Sunday, February 27, 2000
Caring coach made difference with Johnson
BY PAUL DAUGHERTY
The Cincinnati Enquirer
Max Good, the basketball coach at Maine Central Institute, was on the phone to Curtis Malone. He was blunt. DerMarr owes the school $7,500, was the gist of Good's remarks, or he can't stay.
Curtis Malone, godfather and summer league coach to DerMarr Johnson, agreed to pay the bill. Because of Malone, Johnson would finish at Maine Central, the fashionable prep school noted for turning out accomplished basketball players. Johnson would get his diploma and accept a scholarship to play basketball at the University of Cincinnati.
Without Maine Central, Johnson would be running around the CBA now, or some other bus league. Maybe he'd be on the street. Instead, he's at UC, with a potentially lucrative future.
Is this a bad thing?
I don't know what to do about summer league coaches who see high school players as investments. I don't know what to say to people who suggest summer coaches are bagmen for agents seeking to lock up star players before they're old enough to vote. Coaches tell me this happens.
And I really don't know what to do with people like Barry Henthorn. He's the Seattle businessman, de facto guardian and friend to Michigan freshman Jamal Crawford. Henthorn gave Crawford a Mercedes, a Jeep Grand Cherokee and a Chevy Blazer, while Crawford was in high school.
I have no cure for that except to say: Where do I sign up for friends like that?
Most motivated to help
The NCAA would like to reel in the undesirable summer coaches and the bagmen. It's a great idea. Also, impossible. As UC Athletic Director Bob Goin said, I think I've identified the problem. I don't have a solution.
How do you tell the good from the bad? Did you do it for love, or did you do it for money? One man's virtue is another man's vice. I have a hard time interpreting where the motivation is, said Goin.
I've seen too many caring benefactors to believe what's going on needs to be stopped. Without an AAU coach named J.O. Stright, Danny Fortson likely doesn't emerge from Altoona, Pa., to star at UC and play in the NBA. Without Nicole Brown and others, Lenny Brown can't afford to attend Maine Central and qualify to play at Xavier, where he earned his degree.
Did Nicole Brown (no relation) do it for the money? Lenny Brown is making all of $40,000 now, playing for the Cincinnati Stuff. Next question.
Are there other answers?
You could try to restore some of the power to high school coaches. But weren't we questioning their influence just a few years ago? You'd just be shifting the blame from the street to the gym.

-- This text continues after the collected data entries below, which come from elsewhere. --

-- ===== src/Tests/Files.antt =====
-- Disks with an update on them, and systems that refuse a call.
use fog_agent.Prelude.{◌=ᵗ◌, [], ◌≡◌, refl, true, false, none, some, text}
use fog_agent.Prelude.Int.{pos}
use fog_agent.Update.Files.{
  exe, config, sequence_file, staged, main, Probation, bytes, sequence_json, Disk, store, reading,
  renaming, Faults, read_file, remove, stat, copy_file, write_file_sync,
}
use fog_agent.Update.Records.{
  load_probation, save_sequence, arm, arm_record, install, swap, revert, restore_config,
  restore_binary, reinstall,
}
use fog_agent.Update.Probation.{check_probation, passed_probation, passed_probation_stays}
use fog_agent.Update.Undo.{update_undone}
use fog_agent.Update.Sequence.{save_sequence_unreadable}

abbrev pub willing : Faults
willing call = false

abbrev empty_disk : Disk
empty_disk f = none

abbrev pub old_disk : Disk
old_disk =
    store (store empty_disk (main exe) (some (bytes (text "old")))) (main config)
      (some (bytes (text "url")))

-- A download stands beside the binary.
abbrev staged_disk : Disk
staged_disk = store old_disk (main (staged 0)) (some (bytes (text "new")))

abbrev a_record : Probation
a_record = record { from = text "1.1.0"; to = text "1.2.0"; sequence = pos 5; deadline = 900 }

abbrev armed_disk : Disk
armed_disk = (arm willing staged_disk a_record).0

abbrev swapped_disk : Disk
swapped_disk = (swap willing armed_disk (staged 0)).0

-- The new binary has written its own configuration.
abbrev used_disk : Disk
used_disk = store swapped_disk (main config) (some (bytes (text "other")))

update_undone_example :
    ((revert willing used_disk 950 (text "late")).0 (main exe) ≡ staged_disk (main exe))
    × ((revert willing used_disk 950 (text "late")).0 (main config) ≡ staged_disk (main config))
unfolding arm copy_file read_file remove write_file_sync arm_record load_probation ◌=ᵗ◌ swap install
    revert stat restore_config restore_binary reinstall
update_undone_example =
    update_undone willing willing staged_disk used_disk a_record 0 (bytes (text "url")) 950
      (text "late") refl refl refl refl refl refl refl

-- The system does not let the new binary into place.
abbrev pub stubborn : Faults
stubborn (renaming (main (staged n)) g) = true
stubborn call = false

-- The floor stands at 5.
abbrev floor_disk : Disk
floor_disk = store old_disk (main sequence_file) (some (sequence_json (pos 5)))

abbrev blind : Faults
blind (reading (main sequence_file)) = true
blind call = false

save_sequence_unreadable_example :
    ((save_sequence blind floor_disk (pos 3)).0 (main sequence_file) ≡ some (sequence_json (pos 3)))
    × ((save_sequence blind floor_disk (pos 3)).1 ≡ none)
save_sequence_unreadable_example =
    save_sequence_unreadable blind floor_disk (pos 3) refl refl refl refl refl refl

-- The new binary, whose poll got through.
passed_probation_stays_example :
    check_probation willing (λ t. []) (passed_probation willing (λ t. []) armed_disk) 950
    ≡ (passed_probation willing (λ t. []) armed_disk, false)
unfolding load_probation arm copy_file remove write_file_sync arm_record ◌=ᵗ◌
passed_probation_stays_example =
    passed_probation_stays willing (λ t. []) armed_disk a_record 950 refl refl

You could ban college coaches from watching the summer leagues. But coaches are allowed to watch only a few weeks in July. My liberal arts education tells me summer lasts a bit longer than that.

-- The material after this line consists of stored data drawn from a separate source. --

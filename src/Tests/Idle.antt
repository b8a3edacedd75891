-- ===== src/Tests/Idle.antt =====
-- Samples of two users, under a policy of ten minutes with a warning a minute before.
use fog_agent.Prelude.{◌≡◌, refl, false, List, [], ◌∷◌, any, text, arith}
use fog_agent.Prelude.Int.{pos}
use fog_agent.AutoLogout.{Policy, Idle, KeySet, plan}
use fog_agent.AutoLogout.Window.{has_key, logs_off}
use fog_agent.AutoLogout.Overflow.{plan_overflow}

abbrev ten_minutes : Policy
ten_minutes = record { minutes = pos 10; warn_seconds = pos 60; message = [] }

abbrev one : Idle
one = record { key = text "1"; user = text "ann"; idle_for = pos 580000000000 }

abbrev two : Idle
two = record { key = text "2"; user = text "bob"; idle_for = pos 700000000000 }

abbrev both : List Idle
both = one ∷ two ∷ []

abbrev nobody : KeySet
nobody k = false

abbrev centuries : Policy
centuries = record { minutes = pos 200000000; warn_seconds = pos 60; message = [] }

plan_overflow_example :
    any (logs_off (text "1")) (plan centuries both nobody).0 ≡ any (has_key (text "1")) both
plan_overflow_example =
    plan_overflow centuries 200000000 both nobody (text "1") refl (omega arith) (omega arith) refl
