-- ===== src/Tests/Joining.antt =====
-- A workstation of no domain.
use fog_agent.Prelude.{◌≡◌, ◌⊎◌, refl, true, false, [], ◌∷◌, text, ◌=ᵗ◌}
use fog_agent.Agent.Reconcile.Data.{Directory}
use fog_agent.Join.{Membership, Names, Backend, tried_join, tried_rename, converge}
use fog_agent.Join.Calls.{MayJoin, MayRename, converge_calls}

abbrev corp : Directory
corp = record {
  domain = text "corp.example.com";
  netbios = text "CORP";
  ou = [];
  username = text "joiner";
  password = text "secret";
  reboot = false;
  rename_to = [];
}

abbrev alone : Membership
alone = record { joined = false; domain = []; netbios = [] }

abbrev two_names : Names
two_names = record { current = text "PC1"; pending = [] }

abbrev a_backend : Backend
a_backend = record {
  trim = λ t. t;
  to_lower = λ t. t;
  equal_fold = λ s t. s =ᵗ t;
  available = (true, []);
  run_join = λ p. record { status = text "joined"; error = []; native_status = 0; reboot = true };
  run_rename =
      λ p. record { status = text "renamed"; error = []; native_status = 0; reboot = false };
}

joined_here : (converge a_backend corp alone two_names).1 ≡ tried_join corp ∷ []
unfolding converge ◌=ᵗ◌
joined_here = refl

converge_calls_example :
    ((converge a_backend corp alone two_names).1 ≡ [])
    ⊎ (((converge a_backend corp alone two_names).1 ≡ tried_join corp ∷ [])
        × MayJoin a_backend corp alone)
    ⊎ (((converge a_backend corp alone two_names).1 ≡ tried_rename corp ∷ [])
        × MayRename a_backend corp alone two_names)
converge_calls_example = converge_calls a_backend corp alone two_names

You could eliminate early signings. Incoming juniors in high school would not be treated like royalty the way they are now. They'd have to wait a year to be treated like royalty. Yes, that would make a big difference.
Maybe what you do is nothing, realizing there are more kids looking for a hand up than a hand out, and more coaches looking to help than to profit. Be hopeful instead of cynical.
Malone took in DerMarr Johnson when Johnson was a 6-foot-4 ninth-grader who didn't play basketball. Johnson was so thin, when he turned sideways, you couldn't see him. Maybe Malone saw basketball stardom there. Maybe he saw a kid who needed help.
Maybe he saw both. If he did, where's the crime?
What's going on can be ugly. Bad summer coaches, fortified with shoe-company money, shop their 16-year-old players in tournaments coast to coast. Kids' heads are fattened with flattery and nonsense.
But for every Jamal Crawford, there is a Danny Fortson and a Lenny Brown. And a DerMarr Johnson. Johnson was suspended for last Wednesday night's game because Malone helped him financially to finish at Maine Central. Talk about assuming the worst.